- Work instructions: Repeat precisely the span of lines below that opens with the line containing "abbrev fails : Came" and closes with the line containing "others_unused = (refl, refl);", both included.

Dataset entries
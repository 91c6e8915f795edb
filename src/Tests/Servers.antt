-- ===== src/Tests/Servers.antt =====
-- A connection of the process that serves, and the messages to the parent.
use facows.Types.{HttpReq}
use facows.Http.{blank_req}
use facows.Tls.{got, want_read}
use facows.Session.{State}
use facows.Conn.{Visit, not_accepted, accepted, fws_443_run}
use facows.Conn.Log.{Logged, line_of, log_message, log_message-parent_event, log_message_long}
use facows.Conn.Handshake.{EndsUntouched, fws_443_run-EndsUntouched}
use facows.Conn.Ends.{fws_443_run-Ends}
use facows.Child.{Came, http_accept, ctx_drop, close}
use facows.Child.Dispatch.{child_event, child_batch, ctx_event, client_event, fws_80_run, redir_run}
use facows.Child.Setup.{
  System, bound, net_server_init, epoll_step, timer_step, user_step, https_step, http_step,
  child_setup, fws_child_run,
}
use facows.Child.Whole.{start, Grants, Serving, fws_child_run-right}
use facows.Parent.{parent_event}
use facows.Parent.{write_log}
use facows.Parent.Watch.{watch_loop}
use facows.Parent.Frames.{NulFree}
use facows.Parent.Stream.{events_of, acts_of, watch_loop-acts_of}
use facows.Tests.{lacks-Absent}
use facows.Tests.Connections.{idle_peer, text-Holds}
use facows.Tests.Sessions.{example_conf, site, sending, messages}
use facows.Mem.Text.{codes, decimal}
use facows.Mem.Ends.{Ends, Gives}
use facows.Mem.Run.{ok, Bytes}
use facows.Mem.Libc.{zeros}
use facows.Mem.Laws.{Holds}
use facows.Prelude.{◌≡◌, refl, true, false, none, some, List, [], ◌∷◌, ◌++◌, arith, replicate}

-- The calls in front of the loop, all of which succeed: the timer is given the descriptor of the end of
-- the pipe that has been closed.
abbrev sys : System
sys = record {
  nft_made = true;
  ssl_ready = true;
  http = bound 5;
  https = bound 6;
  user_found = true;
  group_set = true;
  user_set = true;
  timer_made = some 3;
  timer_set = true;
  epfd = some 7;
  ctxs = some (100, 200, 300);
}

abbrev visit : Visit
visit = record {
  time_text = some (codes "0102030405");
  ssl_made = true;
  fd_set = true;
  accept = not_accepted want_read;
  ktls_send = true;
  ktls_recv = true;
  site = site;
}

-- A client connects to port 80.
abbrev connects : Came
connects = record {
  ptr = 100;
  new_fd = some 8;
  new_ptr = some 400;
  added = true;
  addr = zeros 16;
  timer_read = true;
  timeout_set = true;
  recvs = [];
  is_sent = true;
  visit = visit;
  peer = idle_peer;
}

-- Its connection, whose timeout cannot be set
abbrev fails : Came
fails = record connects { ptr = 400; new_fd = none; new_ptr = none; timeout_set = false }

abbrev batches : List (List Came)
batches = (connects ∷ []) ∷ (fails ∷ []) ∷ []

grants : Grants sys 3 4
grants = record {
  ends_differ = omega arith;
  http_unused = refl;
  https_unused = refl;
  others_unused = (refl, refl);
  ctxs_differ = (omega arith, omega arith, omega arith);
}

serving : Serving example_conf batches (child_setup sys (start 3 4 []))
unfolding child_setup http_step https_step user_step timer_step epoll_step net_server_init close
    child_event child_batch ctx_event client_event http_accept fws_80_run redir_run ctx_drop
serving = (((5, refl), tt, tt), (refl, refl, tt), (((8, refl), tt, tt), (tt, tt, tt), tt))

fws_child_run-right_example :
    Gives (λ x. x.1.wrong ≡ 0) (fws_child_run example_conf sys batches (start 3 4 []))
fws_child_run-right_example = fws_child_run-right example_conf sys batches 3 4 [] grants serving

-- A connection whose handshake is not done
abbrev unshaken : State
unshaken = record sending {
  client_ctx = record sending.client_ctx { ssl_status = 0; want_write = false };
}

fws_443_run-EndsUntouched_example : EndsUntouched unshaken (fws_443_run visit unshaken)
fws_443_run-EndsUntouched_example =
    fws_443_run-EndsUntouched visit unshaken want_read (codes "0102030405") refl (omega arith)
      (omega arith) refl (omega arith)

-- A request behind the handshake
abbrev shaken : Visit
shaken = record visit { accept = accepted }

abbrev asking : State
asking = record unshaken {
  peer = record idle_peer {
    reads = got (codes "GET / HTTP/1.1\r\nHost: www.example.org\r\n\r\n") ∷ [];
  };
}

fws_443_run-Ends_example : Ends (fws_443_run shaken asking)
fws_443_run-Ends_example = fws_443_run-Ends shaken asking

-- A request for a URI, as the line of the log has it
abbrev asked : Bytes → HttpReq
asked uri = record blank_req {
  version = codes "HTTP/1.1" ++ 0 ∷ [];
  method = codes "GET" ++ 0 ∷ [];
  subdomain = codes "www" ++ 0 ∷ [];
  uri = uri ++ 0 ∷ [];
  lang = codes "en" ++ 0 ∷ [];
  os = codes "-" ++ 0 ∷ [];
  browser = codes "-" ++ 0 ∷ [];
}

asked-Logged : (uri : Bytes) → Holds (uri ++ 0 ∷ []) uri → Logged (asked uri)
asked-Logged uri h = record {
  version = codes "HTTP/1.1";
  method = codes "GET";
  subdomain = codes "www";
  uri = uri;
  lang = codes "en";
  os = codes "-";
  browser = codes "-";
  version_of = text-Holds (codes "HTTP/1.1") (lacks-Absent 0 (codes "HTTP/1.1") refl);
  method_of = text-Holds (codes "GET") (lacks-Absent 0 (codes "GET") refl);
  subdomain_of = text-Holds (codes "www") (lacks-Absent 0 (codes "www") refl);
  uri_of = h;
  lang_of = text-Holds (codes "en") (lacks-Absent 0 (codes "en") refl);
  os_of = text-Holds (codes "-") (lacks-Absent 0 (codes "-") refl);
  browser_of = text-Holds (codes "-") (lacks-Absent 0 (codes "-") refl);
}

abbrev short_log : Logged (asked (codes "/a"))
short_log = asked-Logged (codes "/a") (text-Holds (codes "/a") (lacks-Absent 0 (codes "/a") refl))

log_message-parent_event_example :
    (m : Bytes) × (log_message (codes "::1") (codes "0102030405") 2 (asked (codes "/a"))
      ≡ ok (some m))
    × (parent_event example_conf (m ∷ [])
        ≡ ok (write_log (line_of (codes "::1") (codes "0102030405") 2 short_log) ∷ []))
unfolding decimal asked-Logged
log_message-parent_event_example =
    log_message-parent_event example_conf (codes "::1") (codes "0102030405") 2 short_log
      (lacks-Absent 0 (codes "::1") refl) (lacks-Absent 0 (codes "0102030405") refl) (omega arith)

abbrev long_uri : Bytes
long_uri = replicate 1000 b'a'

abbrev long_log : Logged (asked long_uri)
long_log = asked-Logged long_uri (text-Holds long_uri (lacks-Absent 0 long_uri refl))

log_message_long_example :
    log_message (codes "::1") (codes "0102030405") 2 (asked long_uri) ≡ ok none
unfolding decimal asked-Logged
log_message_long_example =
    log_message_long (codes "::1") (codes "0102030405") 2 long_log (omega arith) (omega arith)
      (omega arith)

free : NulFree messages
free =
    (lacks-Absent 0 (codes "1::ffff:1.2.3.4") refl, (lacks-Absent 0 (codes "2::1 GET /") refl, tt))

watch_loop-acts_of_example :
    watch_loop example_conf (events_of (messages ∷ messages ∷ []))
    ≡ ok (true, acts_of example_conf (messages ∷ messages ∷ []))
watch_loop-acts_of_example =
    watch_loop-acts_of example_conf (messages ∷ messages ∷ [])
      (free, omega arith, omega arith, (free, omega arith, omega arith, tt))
--
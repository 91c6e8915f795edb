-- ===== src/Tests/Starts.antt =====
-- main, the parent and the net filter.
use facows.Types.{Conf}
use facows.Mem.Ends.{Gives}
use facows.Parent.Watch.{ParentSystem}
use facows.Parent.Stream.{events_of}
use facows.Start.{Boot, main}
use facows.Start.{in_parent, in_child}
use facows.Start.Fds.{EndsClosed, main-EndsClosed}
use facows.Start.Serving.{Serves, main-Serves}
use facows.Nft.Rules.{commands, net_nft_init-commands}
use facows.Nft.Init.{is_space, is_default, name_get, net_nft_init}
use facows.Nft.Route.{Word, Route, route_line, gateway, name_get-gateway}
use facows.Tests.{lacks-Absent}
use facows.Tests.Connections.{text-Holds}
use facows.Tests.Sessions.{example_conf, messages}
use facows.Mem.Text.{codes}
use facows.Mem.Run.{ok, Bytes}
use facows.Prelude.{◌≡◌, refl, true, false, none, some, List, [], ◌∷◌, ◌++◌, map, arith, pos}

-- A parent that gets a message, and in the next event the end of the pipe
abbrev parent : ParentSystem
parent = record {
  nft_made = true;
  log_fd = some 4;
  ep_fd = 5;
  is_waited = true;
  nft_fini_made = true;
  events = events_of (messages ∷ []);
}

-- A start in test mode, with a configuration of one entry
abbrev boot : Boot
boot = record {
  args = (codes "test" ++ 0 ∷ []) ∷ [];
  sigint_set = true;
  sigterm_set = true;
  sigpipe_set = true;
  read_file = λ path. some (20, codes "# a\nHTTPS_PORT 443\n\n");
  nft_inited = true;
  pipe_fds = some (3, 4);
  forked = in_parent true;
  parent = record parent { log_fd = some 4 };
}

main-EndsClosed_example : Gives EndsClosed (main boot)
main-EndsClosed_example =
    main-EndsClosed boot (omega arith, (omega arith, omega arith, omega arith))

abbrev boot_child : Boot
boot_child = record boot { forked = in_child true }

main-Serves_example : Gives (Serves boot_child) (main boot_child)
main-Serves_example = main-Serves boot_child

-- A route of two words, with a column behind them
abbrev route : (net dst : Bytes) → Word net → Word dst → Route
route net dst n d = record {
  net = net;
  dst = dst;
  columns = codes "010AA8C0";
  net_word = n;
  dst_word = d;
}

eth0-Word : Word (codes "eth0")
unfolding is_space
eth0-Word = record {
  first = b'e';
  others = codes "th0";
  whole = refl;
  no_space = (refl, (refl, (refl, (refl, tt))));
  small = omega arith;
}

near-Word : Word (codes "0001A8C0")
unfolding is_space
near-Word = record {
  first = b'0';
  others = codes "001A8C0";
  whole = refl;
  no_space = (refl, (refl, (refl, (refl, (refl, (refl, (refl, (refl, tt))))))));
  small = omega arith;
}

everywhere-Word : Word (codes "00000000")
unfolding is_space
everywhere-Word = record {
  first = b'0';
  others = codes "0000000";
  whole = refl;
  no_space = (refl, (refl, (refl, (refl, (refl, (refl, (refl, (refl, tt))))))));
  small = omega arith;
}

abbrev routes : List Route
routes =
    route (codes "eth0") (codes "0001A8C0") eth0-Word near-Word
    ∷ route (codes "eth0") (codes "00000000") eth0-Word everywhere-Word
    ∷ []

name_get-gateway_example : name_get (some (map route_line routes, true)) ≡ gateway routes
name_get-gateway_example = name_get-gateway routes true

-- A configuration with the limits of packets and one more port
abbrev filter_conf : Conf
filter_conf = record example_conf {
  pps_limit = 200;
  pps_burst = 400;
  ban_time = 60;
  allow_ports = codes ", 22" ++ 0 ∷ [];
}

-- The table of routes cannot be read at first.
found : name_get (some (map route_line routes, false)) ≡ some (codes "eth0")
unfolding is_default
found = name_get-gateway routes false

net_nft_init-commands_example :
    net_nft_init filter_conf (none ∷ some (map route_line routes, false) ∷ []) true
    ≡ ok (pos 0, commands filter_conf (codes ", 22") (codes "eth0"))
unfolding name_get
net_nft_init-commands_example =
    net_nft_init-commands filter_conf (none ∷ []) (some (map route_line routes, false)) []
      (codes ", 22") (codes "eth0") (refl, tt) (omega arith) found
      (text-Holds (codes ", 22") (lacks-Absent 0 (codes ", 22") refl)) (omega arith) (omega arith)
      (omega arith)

- Task response:
abbrev fails : Came
fails = record connects { ptr = 400; new_fd = none; new_ptr = none; timeout_set = false }

abbrev batches : List (List Came)
batches = (connects ∷ []) ∷ (fails ∷ []) ∷ []

grants : Grants sys 3 4
grants = record {
  ends_differ = omega arith;
  http_unused = refl;
  https_unused = refl;
  others_unused = (refl, refl);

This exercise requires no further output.